(What to work on): Pick out the lines in the listing below that contain the word "append" and copy them.

(Given information):
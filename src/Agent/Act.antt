-- ===== src/Agent/Act.antt =====
-- The node "act" of src/andera/agent/nodes.py: one step of the plan, by the browser's tools.
pub mod Handlers
pub mod Frame
pub mod Finish
pub mod Stay
use browser_agent.Common.{
  ℕ, zero, suc, ◌+◌, String, Bool, true, false, ◌||◌, Option, none, some, List, [], ◌∷◌, ◌++◌,
  str_eq, if◌then◌else◌, get_elem?,
}
use browser_agent.Json.{Json, null, obj, Fields, field, end, get, truthy}
use browser_agent.Agent.Effect.{Failure, bad_step, unknown_action, Result, ok, raised, Eff}
use browser_agent.Agent.Step.{Step, action_step, bad, Action, Descriptor, text_or, text_at}
use browser_agent.Agent.Observations.{Observation, full, compact_observations}
use browser_agent.Agent.Tools.{ToolResult, is_ok, no_output}
use browser_agent.Agent.State.{State, Deps, append, verifying, extracting, failed}
use Handlers.{Acted, result, finished, unknown, tool_error, handle}

-- `plan[i] = …`, the write of `step["resolved"]` into the list that the state holds.
pub write_step : ℕ → Step → List Step → List Step
write_step i v [] = []
write_step zero v (s ∷ plan) = v ∷ plan
write_step (suc i) v (s ∷ plan) = s ∷ write_step i v plan

abbrev pub resolve_step : ℕ → Action → Option Descriptor → List Step → List Step
resolve_step i step none plan = plan
resolve_step i step (some d) plan =
    write_step i (action_step (record step { resolved = some d })) plan

abbrev pub action_of : Action → String
action_of step = text_or (text_at "action" step.given) ""

-- The observation that a result adds, with the key under which its data stands.
pub observed : String → ToolResult → Option Observation
observed action r =
    if str_eq action "visit_each_link"
    then (if truthy (get "visited" r.output.fields)
        then some (full "extract" (field "visited" (get "visited" r.output.fields) end))
        else none)
    else if str_eq action "search"
    then some (full "extract" (field "search" (obj r.output.fields) end))
    else if str_eq action "extract"
    then some (full "extract" r.output.fields)
    else none

-- The artifacts that a result adds to the evidence.
pub evidence_in : String → ToolResult → List Json
evidence_in action r =
    if str_eq action "screenshot"
      || (str_eq action "screenshot_all" || str_eq action "visit_each_link")
    then r.output.artifacts
    else []

abbrev pub with_observation : Option Observation → List Observation → List Observation
with_observation none observations = observations
with_observation (some o) observations = compact_observations (observations ++ o ∷ [])

-- The state after a tool's result.
unfoldable pub record_result : State → Action → ToolResult → Option Descriptor → State
unfolding observed evidence_in write_step
record_result s step r written =
    let s' = record s {
      plan = resolve_step s.step_index step written s.plan;
      tool_calls = append s.tool_calls (r ∷ []);
      status = verifying;
    } in
    if is_ok r
    then (record s' {
      evidence = append s.evidence (evidence_in (action_of step) r);
      observations = with_observation (observed (action_of step) r) s.observations;
    })
    else (record s' { consecutive_fails = s.consecutive_fails + 1; last_tool_error = r.error })

-- A step that is no JSON object.
abbrev pub reject_step : State → State
reject_step s = record s {
  status = verifying;
  last_tool_error = some bad_step;
  consecutive_fails = s.consecutive_fails + 1;
  tool_calls = append s.tool_calls (tool_error "agent.bad_step" bad_step ∷ []);
}

unfoldable pub after_action : State → Action → Acted → State
unfolding record_result
after_action s step (result r written) = record_result s step r written
after_action s step finished = record s { status = extracting }
after_action s step (unknown action) = record s {
  status = failed;
  error = some (unknown_action action);
}

unfoldable pub act_node : {W : Type 0} → Deps W → State → Eff W State
unfolding after_action handle
act_node deps s w = elim (get_elem? s.plan s.step_index) [
  | none ↦ (ok (record s { status = extracting }), w)
  | some (bad v) ↦ (ok (reject_step s), w)
  | some (action_step step) ↦
      let (r, w') = handle deps s.step_index step s.extract_schema s.observations w in
      elim r [ raised e ↦ (raised e, w') | ok acted ↦ (ok (after_action s step acted), w') ]
]
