-- ===== src/Agent/Act/Finish.antt =====
-- Only the action "done" ends the steps.
use browser_agent.Common.{
  String, ℕ, ◌≡◌, ◌≢◌, none, List, Bool, true, false, str_eq, arith, if◌then◌else◌,
}
use browser_agent.Json.{Fields}
use browser_agent.Agent.Effect.{Result, ok}
use browser_agent.Agent.Step.{Action, text_at, text_or}
use browser_agent.Agent.Observations.{Observation}
use browser_agent.Agent.Tools.{ToolResult}
use browser_agent.Agent.State.{Deps}
use browser_agent.Agent.Act.Handlers.{
  Acted, result, finished, unknown, handle, visual_do, goto_search_result, act_on_mark,
  act_by_vision, screenshot, screenshot_all, visit_each_link,
}

module _ {W : Type 0} (deps : Deps W) where
  goto_search_result-goes_on :
      (d : Fields) (os : List Observation) (w : W)
      → (goto_search_result deps d os w).0 ≢ ok finished
  unfolding goto_search_result
  goto_search_result-goes_on d os w = ground arith

  visual_do-goes_on : (i : ℕ) (step : Action) (w : W) → (visual_do deps i step w).0 ≢ ok finished
  unfolding visual_do act_by_vision act_on_mark
  visual_do-goes_on i step w = ground arith

  abbrev taken : Bool → Result Acted × W → Result Acted × W → Result Acted
  taken b x y = let r : Result Acted × W = if b then x else y in r.0

  either :
      (b : Bool) (x y : Result Acted × W)
      → x.0 ≢ ok finished
      → y.0 ≢ ok finished
      → taken b x y ≢ ok finished
  either true x y p q = p
  either false x y p q = q

  result-goes_on : (r : ToolResult) → ok (result r none) ≢ ok finished
  result-goes_on r = λ e. cc

  not_done :
      (b : Bool) (a : String) (w : W)
      → b ≡ false
      → taken b (ok finished, w) (ok (unknown a), w) ≢ ok finished
  not_done b a w p = rw p (λ e. cc)

  -- An action other than "done" does not end the steps.
  pub handle-goes_on :
      (i : ℕ) (step : Action) (schema : Fields) (os : List Observation) (w : W)
      → str_eq (text_or (text_at "action" step.given) "") "done" ≡ false
      → (handle deps i step schema os w).0 ≢ ok finished
  unfolding handle screenshot screenshot_all visit_each_link
  handle-goes_on i step schema os w p =
      let is : String → Bool = str_eq (text_or (text_at "action" step.given) "") in
      either (is "goto") _ _ (result-goes_on _) (
        either (is "click") _ _ (result-goes_on _) (
          either (is "type") _ _ (result-goes_on _) (
            either (is "screenshot") _ _ (result-goes_on _) (
              either (is "screenshot_all") _ _ (result-goes_on _) (
                either (is "search") _ _ (result-goes_on _) (
                  either (is "goto_search_result") _ _ (goto_search_result-goes_on step.given os w)
                    (either (is "scroll") _ _ (result-goes_on _) (
                      either (is "scroll_to") _ _ (result-goes_on _) (
                        either (is "visit_each_link") _ _ (result-goes_on _) (
                          either (is "visual_do") _ _ (visual_do-goes_on i step w) (
                            either (is "annotate") _ _ (result-goes_on _) (
                              either (is "click_mark") _ _ (result-goes_on _) (
                                either (is "type_mark") _ _ (result-goes_on _) (
                                  either (is "extract") _ _ (result-goes_on _)
                                    (not_done (is "done") _ w p)))))))))))))))
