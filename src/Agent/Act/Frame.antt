-- ===== src/Agent/Act/Frame.antt =====
-- What the node "act" leaves alone.
use browser_agent.Common.{
  ℕ, zero, suc, ◌<◌, ◌≡◌, ◌≢◌, refl, ap, ◌⊎◌, inl, inr, Option, none, some, List, [], ◌∷◌, arith,
  get_elem?, length, Option-cases,
}
use browser_agent.Agent.Effect.{unknown_action, Ensures, Result-cases}
use browser_agent.Agent.Step.{Step, action_step, bad, Action, Descriptor}
use browser_agent.Agent.Tools.{ToolResult}
use browser_agent.Agent.State.{State, Deps, verifying, extracting, failed}
use browser_agent.Agent.Act.Handlers.{Acted, result, finished, unknown, handle}
use browser_agent.Agent.Act.{
  write_step, resolve_step, record_result, after_action, reject_step, act_node,
}

length-write_step :
    (i : ℕ) (v : Step) (plan : List Step) → length (write_step i v plan) ≡ length plan
unfolding write_step
length-write_step i v [] = refl
length-write_step zero v (s ∷ plan) = refl
length-write_step (suc i) v (s ∷ plan) = ap suc (length-write_step i v plan)

length-resolve_step :
    (i : ℕ) (step : Action) (o : Option Descriptor) (plan : List Step)
    → length (resolve_step i step o plan) ≡ length plan
length-resolve_step i step none plan = refl
length-resolve_step i step (some d) plan =
    length-write_step i (action_step (record step { resolved = some d })) plan

-- The counters, the position and the length of the plan stay, and so does an error that no later
-- one replaces.
pub record Keeps (s s' : State) : Type 0 where
  pub plan_count : s'.plan_count ≡ s.plan_count
  pub reflect_count : s'.reflect_count ≡ s.reflect_count
  pub step_index : s'.step_index ≡ s.step_index
  pub length_plan : length s'.plan ≡ length s.plan
  pub last_tool_error : s.last_tool_error ≢ none → s'.last_tool_error ≢ none

pub get_elem?-some : (xs : List Step) (i : ℕ) (x : Step) → get_elem? xs i ≡ some x → i < length xs
get_elem?-some [] i x e = cc
get_elem?-some (y ∷ xs) zero x e = omega arith
get_elem?-some (y ∷ xs) (suc i) x e = omega (arith, get_elem?-some xs i x e)

-- Where the node leaves the run.
abbrev pub Leaves : State → State → Type 0
Leaves s s' =
    Keeps s s'
    × ((s'.status ≡ failed)
        ⊎ (s'.status ≡ extracting)
        ⊎ ((s'.status ≡ verifying) × (s.step_index < length s.plan)))

record_result-Keeps :
    (s : State) (step : Action) (r : ToolResult) (o : Option Descriptor)
    → Keeps s (record_result s step r o)
unfolding record_result
record_result-Keeps s step r o = elim (Option-cases r.error) [
  | inl e ↦ rw e record {
    plan_count = refl;
    reflect_count = refl;
    step_index = refl;
    length_plan = length-resolve_step s.step_index step o s.plan;
    last_tool_error = λ p. p;
  }
  | inr (x, e) ↦ rw e record {
    plan_count = refl;
    reflect_count = refl;
    step_index = refl;
    length_plan = length-resolve_step s.step_index step o s.plan;
    last_tool_error = λ p. cc;
  }
]

after_action-Leaves :
    (s : State) (step : Action) (a : Acted)
    → s.step_index < length s.plan
    → Leaves s (after_action s step a)
unfolding after_action record_result
after_action-Leaves s step (result r o) p =
    (record_result-Keeps s step r o, inr (inr (record_result-status, p)))
  where
    record_result-status : (record_result s step r o).status ≡ verifying
    record_result-status = elim (Option-cases r.error) [
      | inl e ↦ rw e refl
      | inr (x, e) ↦ rw e refl
    ]
after_action-Leaves s step finished p = (same, inr (inl refl))
  where
    same : Keeps s (record s { status = extracting })
    same = record {
      plan_count = refl;
      reflect_count = refl;
      step_index = refl;
      length_plan = refl;
      last_tool_error = λ p. p;
    }
after_action-Leaves s step (unknown action) p = (same, inl refl)
  where
    same : Keeps s (record s { status = failed; error = some (unknown_action action) })
    same = record {
      plan_count = refl;
      reflect_count = refl;
      step_index = refl;
      length_plan = refl;
      last_tool_error = λ p. p;
    }

reject_step-Keeps : (s : State) → Keeps s (reject_step s)
reject_step-Keeps s = record {
  plan_count = refl;
  reflect_count = refl;
  step_index = refl;
  length_plan = refl;
  last_tool_error = λ p. cc;
}

skip-Keeps : (s : State) → Keeps s (record s { status = extracting })
skip-Keeps s = record {
  plan_count = refl;
  reflect_count = refl;
  step_index = refl;
  length_plan = refl;
  last_tool_error = λ p. p;
}

-- The node "act" raises, or it keeps the counters of plans and reflections, the position and the
-- length of the plan, keeps an error of a tool on record, and leaves the run failed, on the way to
-- the extraction, or on the way to verification with a step of the plan under way.
pub act_node-Leaves :
    {W : Type 0} (deps : Deps W) (s : State) (w : W) → Ensures (Leaves s) (act_node deps s w).0
unfolding act_node
act_node-Leaves deps s w = elim (Option-cases (get_elem? s.plan s.step_index)) [
  | inl e ↦ ground (arith, skip-Keeps s)
  | inr (bad v, e) ↦
      ground (arith, reject_step-Keeps s, get_elem?-some s.plan s.step_index (bad v) e)
  | inr (action_step step, e) ↦
      elim (Result-cases (handle deps s.step_index step s.extract_schema s.observations w).0) [
        | inl (x, f) ↦ rw (e, f, Ensures) tt
        | inr (a, f) ↦
            rw (e, f, Ensures)
              (after_action-Leaves s step a
                (get_elem?-some s.plan s.step_index (action_step step) e))
      ]
]
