-- ===== src/Agent/Act/Stay.antt =====
-- The node "act" on a step that is not "done" stays at the step.
use browser_agent.Common.{
  ℕ, zero, suc, ◌≡◌, ◌≢◌, refl, ap, ◌∙◌, ◌⊎◌, inl, inr, Option, none, some, List, [], ◌∷◌, false,
  str_eq, get_elem?, Option-cases,
}
use browser_agent.Agent.Effect.{ok, Ensures, Result-cases}
use browser_agent.Agent.Step.{Step, action_step, bad, Action, Descriptor}
use browser_agent.Agent.State.{State, Deps, verifying, failed}
use browser_agent.Agent.Act.Handlers.{Acted, result, finished, unknown, handle}
use browser_agent.Agent.Act.Finish.{handle-goes_on}
use browser_agent.Agent.Act.{
  write_step, resolve_step, record_result, after_action, act_node, action_of,
}

abbrev pub NotDone : Step → Type 0
NotDone (action_step step) = str_eq (action_of step) "done" ≡ false
NotDone (bad v) = Unit

-- There is a current step, and it is not "done".
abbrev pub AtWork : List Step → ℕ → Type 0
AtWork plan i = (st : Step) × (get_elem? plan i ≡ some st) × NotDone st

get_elem?-write_step :
    (i : ℕ) (v st : Step) (plan : List Step)
    → get_elem? plan i ≡ some st
    → get_elem? (write_step i v plan) i ≡ some v
unfolding write_step
get_elem?-write_step i v st [] e = cc
get_elem?-write_step zero v st (s ∷ plan) e = refl
get_elem?-write_step (suc i) v st (s ∷ plan) e = get_elem?-write_step i v st plan e

resolve_step-AtWork :
    (i : ℕ) (step : Action) (o : Option Descriptor) (plan : List Step)
    → get_elem? plan i ≡ some (action_step step)
    → NotDone (action_step step)
    → AtWork (resolve_step i step o plan) i
resolve_step-AtWork i step none plan e p = (action_step step, e, p)
resolve_step-AtWork i step (some d) plan e p = (
  action_step (record step { resolved = some d }),
  get_elem?-write_step i _ (action_step step) plan e,
  p,
)

abbrev pub Stays : State → Type 0
Stays s' = (s'.status ≡ failed) ⊎ ((s'.status ≡ verifying) × AtWork s'.plan s'.step_index)

after_action-Stays :
    (s : State) (step : Action) (a : Acted)
    → a ≢ finished
    → get_elem? s.plan s.step_index ≡ some (action_step step)
    → NotDone (action_step step)
    → Stays (after_action s step a)
unfolding after_action record_result
after_action-Stays s step (result r o) q e p = elim (Option-cases r.error) [
  | inl f ↦ rw f (inr (refl, resolve_step-AtWork s.step_index step o s.plan e p))
  | inr (x, f) ↦ rw f (inr (refl, resolve_step-AtWork s.step_index step o s.plan e p))
]
after_action-Stays s step finished q e p = absurd (q refl)
after_action-Stays s step (unknown action) q e p = inl refl

pub act_node-Stays :
    {W : Type 0} (deps : Deps W) (s : State) (w : W)
    → AtWork s.plan s.step_index
    → Ensures Stays (act_node deps s w).0
unfolding act_node
act_node-Stays deps s w (bad v, e, p) = rw (e, Ensures) (inr (refl, (bad v, e, p)))
act_node-Stays deps s w (action_step step, e, p) =
    elim (Result-cases (handle deps s.step_index step s.extract_schema s.observations w).0) [
      | inl (x, f) ↦ rw (e, f, Ensures) tt
      | inr (a, f) ↦
          rw (e, f, Ensures)
            (after_action-Stays s step a
              (λ g.
                handle-goes_on deps s.step_index step s.extract_schema s.observations w p
                  (f ∙ ap ok g))
              e p)
    ]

(Finished exercise):
use browser_agent.Agent.State.{State, Deps, append, verifying, extracting, failed}
      tool_calls = append s.tool_calls (r ∷ []);
      evidence = append s.evidence (evidence_in (action_of step) r);
  tool_calls = append s.tool_calls (tool_error "agent.bad_step" bad_step ∷ []);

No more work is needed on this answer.